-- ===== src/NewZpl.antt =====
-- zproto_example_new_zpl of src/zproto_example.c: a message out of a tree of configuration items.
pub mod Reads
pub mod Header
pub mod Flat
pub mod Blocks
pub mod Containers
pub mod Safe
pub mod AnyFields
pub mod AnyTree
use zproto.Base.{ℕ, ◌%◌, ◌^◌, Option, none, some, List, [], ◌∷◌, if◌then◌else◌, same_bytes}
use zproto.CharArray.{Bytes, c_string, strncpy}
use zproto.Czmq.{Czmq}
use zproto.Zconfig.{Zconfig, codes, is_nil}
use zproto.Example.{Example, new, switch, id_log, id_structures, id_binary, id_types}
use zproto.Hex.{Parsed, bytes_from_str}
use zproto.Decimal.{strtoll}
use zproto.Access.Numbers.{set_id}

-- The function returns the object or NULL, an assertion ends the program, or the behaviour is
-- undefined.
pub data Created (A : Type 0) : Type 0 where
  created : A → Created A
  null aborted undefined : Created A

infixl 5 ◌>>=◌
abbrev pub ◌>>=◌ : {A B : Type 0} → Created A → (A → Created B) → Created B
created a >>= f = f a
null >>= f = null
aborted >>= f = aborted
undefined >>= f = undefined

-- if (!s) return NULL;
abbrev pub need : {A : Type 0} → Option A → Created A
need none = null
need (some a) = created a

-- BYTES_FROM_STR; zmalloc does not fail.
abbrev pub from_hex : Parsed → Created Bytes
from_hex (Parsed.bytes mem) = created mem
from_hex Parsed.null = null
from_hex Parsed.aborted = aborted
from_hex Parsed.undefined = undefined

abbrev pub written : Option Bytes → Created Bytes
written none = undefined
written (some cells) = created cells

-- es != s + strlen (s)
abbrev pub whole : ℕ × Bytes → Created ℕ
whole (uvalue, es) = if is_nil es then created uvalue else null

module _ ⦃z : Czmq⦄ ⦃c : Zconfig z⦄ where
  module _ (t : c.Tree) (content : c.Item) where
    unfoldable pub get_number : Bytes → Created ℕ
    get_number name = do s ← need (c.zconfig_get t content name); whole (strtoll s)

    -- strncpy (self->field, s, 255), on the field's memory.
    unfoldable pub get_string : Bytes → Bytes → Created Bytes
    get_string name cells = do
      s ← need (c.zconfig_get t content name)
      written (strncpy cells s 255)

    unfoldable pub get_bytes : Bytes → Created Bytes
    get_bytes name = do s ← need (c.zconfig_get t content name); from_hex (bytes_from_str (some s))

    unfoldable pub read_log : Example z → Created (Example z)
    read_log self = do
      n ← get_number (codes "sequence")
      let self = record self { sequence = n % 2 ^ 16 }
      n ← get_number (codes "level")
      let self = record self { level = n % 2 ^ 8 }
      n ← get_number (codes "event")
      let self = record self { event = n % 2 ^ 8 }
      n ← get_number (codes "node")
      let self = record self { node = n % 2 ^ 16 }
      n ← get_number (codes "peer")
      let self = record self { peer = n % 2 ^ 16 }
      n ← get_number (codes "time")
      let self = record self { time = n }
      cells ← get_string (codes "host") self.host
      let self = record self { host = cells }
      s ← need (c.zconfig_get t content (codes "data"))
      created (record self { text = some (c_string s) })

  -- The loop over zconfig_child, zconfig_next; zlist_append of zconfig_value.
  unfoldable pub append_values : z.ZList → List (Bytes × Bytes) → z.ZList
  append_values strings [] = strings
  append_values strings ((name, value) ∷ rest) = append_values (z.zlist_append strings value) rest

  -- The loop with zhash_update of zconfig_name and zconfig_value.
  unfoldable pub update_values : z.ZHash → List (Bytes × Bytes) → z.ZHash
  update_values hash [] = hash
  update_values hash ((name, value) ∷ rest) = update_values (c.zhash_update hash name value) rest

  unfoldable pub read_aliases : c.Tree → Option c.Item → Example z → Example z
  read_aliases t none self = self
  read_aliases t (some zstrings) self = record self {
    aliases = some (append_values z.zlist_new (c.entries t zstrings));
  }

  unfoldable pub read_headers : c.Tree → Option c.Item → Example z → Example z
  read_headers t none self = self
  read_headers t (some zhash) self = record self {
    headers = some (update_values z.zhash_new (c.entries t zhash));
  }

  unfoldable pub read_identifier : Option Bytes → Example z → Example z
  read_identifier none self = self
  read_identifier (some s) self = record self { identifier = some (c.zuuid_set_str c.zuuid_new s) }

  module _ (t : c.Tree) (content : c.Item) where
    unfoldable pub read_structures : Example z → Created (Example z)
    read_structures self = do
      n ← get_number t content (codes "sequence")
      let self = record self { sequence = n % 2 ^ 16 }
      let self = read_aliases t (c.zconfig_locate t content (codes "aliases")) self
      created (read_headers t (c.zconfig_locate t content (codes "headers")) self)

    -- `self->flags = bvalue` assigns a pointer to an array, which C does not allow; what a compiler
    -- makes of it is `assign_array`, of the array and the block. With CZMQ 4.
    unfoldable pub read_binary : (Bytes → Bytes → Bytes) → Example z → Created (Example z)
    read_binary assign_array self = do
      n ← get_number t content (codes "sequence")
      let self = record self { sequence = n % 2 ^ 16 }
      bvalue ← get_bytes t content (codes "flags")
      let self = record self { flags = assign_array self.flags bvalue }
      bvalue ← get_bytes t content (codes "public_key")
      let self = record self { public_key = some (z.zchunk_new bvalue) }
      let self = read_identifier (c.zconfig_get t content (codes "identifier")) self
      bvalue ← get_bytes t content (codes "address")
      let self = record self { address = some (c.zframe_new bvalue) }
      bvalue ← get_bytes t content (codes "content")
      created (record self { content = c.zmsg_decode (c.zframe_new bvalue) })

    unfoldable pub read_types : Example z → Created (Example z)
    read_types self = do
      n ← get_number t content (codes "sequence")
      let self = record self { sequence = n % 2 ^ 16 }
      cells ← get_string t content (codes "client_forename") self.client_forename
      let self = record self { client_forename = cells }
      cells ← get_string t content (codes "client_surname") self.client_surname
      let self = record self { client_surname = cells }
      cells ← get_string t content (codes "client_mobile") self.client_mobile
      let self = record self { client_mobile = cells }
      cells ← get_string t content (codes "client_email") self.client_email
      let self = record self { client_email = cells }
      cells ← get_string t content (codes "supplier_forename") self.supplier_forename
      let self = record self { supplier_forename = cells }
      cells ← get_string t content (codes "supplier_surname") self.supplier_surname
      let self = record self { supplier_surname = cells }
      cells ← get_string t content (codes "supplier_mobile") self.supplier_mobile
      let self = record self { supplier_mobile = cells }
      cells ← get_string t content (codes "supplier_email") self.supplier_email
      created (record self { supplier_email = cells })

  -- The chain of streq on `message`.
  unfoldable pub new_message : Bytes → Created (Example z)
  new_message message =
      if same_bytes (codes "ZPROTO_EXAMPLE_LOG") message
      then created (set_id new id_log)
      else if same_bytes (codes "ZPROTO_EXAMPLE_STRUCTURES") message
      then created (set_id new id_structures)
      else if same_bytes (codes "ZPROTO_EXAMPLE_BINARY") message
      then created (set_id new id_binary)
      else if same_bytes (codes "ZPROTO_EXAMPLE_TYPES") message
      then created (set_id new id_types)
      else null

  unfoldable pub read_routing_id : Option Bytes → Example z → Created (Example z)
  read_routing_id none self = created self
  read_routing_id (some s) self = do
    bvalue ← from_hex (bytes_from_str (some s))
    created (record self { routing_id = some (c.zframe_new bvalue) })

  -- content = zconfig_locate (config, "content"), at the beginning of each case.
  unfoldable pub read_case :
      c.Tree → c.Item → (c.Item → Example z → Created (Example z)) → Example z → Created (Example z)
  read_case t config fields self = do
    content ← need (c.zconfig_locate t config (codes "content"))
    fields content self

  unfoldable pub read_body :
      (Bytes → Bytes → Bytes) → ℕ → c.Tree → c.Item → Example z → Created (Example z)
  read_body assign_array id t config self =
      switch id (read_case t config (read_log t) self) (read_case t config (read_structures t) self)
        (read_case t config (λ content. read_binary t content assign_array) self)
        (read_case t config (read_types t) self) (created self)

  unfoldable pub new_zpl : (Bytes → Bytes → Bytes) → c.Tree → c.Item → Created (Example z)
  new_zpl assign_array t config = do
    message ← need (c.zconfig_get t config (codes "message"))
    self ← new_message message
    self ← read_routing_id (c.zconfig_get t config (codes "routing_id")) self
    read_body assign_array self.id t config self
----------------
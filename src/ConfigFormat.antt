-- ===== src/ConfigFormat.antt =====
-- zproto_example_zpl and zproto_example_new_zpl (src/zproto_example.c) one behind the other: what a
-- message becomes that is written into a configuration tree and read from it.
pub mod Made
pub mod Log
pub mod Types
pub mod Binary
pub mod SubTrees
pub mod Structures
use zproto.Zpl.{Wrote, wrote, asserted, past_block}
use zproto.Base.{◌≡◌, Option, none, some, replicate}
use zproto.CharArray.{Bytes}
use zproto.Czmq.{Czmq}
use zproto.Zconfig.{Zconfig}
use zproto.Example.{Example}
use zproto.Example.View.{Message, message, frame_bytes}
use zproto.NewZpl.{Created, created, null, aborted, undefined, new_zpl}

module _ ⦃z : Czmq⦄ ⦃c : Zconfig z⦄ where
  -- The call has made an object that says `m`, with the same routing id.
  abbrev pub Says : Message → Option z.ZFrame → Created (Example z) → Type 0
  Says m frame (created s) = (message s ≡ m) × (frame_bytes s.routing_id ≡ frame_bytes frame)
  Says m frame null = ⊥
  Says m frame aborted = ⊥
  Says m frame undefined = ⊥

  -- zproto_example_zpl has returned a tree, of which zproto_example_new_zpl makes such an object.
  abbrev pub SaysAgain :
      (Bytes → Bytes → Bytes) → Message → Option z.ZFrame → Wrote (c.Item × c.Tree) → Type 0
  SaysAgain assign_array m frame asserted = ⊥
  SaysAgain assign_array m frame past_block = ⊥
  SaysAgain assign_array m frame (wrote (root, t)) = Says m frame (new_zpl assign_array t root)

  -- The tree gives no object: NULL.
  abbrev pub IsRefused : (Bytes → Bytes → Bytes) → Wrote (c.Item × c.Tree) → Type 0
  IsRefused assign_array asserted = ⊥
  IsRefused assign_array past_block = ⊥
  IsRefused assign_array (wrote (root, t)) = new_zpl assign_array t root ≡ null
----------------
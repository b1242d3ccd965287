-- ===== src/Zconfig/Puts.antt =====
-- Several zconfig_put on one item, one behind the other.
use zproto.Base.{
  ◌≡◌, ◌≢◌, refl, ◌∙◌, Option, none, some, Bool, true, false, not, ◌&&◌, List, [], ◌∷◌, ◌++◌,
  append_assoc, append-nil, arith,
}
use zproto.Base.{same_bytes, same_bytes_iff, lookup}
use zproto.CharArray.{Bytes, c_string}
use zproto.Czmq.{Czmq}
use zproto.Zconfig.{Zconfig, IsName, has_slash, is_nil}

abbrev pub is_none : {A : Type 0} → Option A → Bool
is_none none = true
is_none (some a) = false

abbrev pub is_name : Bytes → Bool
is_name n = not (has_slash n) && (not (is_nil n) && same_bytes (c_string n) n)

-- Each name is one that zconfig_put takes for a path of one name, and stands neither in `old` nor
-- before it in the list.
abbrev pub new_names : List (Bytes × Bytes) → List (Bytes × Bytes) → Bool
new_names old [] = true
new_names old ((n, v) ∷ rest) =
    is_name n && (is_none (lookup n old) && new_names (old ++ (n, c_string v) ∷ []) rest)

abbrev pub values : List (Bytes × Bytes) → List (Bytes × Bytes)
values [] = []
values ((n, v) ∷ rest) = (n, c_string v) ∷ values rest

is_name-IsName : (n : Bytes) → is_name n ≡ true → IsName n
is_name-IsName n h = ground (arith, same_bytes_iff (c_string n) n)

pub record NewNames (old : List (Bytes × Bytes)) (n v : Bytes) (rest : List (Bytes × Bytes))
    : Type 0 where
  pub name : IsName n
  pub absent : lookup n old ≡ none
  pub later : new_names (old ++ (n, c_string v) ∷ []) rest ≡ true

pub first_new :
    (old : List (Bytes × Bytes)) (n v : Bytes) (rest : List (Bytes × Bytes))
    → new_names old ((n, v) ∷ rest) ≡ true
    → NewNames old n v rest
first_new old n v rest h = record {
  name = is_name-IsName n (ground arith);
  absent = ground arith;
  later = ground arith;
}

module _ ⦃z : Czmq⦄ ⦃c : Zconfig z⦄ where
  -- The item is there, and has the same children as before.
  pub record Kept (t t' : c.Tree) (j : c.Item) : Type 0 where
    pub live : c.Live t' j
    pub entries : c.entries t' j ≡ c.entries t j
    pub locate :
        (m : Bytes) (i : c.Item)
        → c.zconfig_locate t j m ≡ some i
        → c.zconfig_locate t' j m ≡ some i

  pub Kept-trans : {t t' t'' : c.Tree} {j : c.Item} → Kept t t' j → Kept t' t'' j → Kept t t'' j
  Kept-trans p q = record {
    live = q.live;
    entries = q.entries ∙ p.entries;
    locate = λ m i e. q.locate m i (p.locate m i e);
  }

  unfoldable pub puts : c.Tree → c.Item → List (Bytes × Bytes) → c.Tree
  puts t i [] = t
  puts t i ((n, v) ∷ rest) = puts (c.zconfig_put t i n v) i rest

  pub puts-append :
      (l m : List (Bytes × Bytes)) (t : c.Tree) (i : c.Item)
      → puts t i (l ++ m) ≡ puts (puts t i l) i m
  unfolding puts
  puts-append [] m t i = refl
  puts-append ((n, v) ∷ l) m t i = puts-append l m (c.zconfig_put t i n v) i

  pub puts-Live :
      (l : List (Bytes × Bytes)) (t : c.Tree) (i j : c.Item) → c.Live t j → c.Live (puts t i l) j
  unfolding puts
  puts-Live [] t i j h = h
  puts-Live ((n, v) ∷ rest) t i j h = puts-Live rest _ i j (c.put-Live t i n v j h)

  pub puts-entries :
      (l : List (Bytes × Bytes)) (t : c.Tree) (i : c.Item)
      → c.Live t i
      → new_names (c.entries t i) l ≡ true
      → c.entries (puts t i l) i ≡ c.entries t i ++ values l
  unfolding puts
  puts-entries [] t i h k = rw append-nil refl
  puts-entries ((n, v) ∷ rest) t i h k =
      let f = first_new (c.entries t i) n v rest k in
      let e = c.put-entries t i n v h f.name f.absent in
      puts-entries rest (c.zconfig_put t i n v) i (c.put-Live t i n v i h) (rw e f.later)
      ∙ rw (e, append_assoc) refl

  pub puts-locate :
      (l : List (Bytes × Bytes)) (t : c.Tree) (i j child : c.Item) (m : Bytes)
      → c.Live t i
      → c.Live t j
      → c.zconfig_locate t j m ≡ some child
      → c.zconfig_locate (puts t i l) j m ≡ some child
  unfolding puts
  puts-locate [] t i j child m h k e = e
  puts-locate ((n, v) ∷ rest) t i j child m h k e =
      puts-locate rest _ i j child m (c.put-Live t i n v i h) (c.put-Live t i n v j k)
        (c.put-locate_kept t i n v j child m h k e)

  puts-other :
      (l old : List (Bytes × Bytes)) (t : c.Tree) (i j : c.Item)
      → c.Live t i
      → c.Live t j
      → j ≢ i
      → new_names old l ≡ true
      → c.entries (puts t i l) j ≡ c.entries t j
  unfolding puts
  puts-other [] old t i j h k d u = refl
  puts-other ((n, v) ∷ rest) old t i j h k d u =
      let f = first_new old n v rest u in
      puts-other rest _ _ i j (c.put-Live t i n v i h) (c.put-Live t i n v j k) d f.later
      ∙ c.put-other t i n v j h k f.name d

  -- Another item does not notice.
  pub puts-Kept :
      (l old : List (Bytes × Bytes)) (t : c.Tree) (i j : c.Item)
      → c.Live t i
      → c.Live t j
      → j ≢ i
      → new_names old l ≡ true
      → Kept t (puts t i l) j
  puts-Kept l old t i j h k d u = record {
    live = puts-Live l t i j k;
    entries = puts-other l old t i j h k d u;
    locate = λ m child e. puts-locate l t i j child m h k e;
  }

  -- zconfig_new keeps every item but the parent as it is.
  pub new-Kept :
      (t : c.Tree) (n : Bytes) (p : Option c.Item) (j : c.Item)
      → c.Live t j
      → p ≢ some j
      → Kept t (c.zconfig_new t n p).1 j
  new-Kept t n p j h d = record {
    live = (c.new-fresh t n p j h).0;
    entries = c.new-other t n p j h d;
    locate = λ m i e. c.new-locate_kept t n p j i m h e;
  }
----------------
**Instructions for the task:** Among the records above, repeat exactly the line with "unfoldable pub read_case", the line with "fields content self", and every line in between, and only those.

**Finished exercise:**
  unfoldable pub read_case :
      c.Tree → c.Item → (c.Item → Example z → Created (Example z)) → Example z → Created (Example z)
  read_case t config fields self = do
    content ← need (c.zconfig_locate t config (codes "content"))
    fields content self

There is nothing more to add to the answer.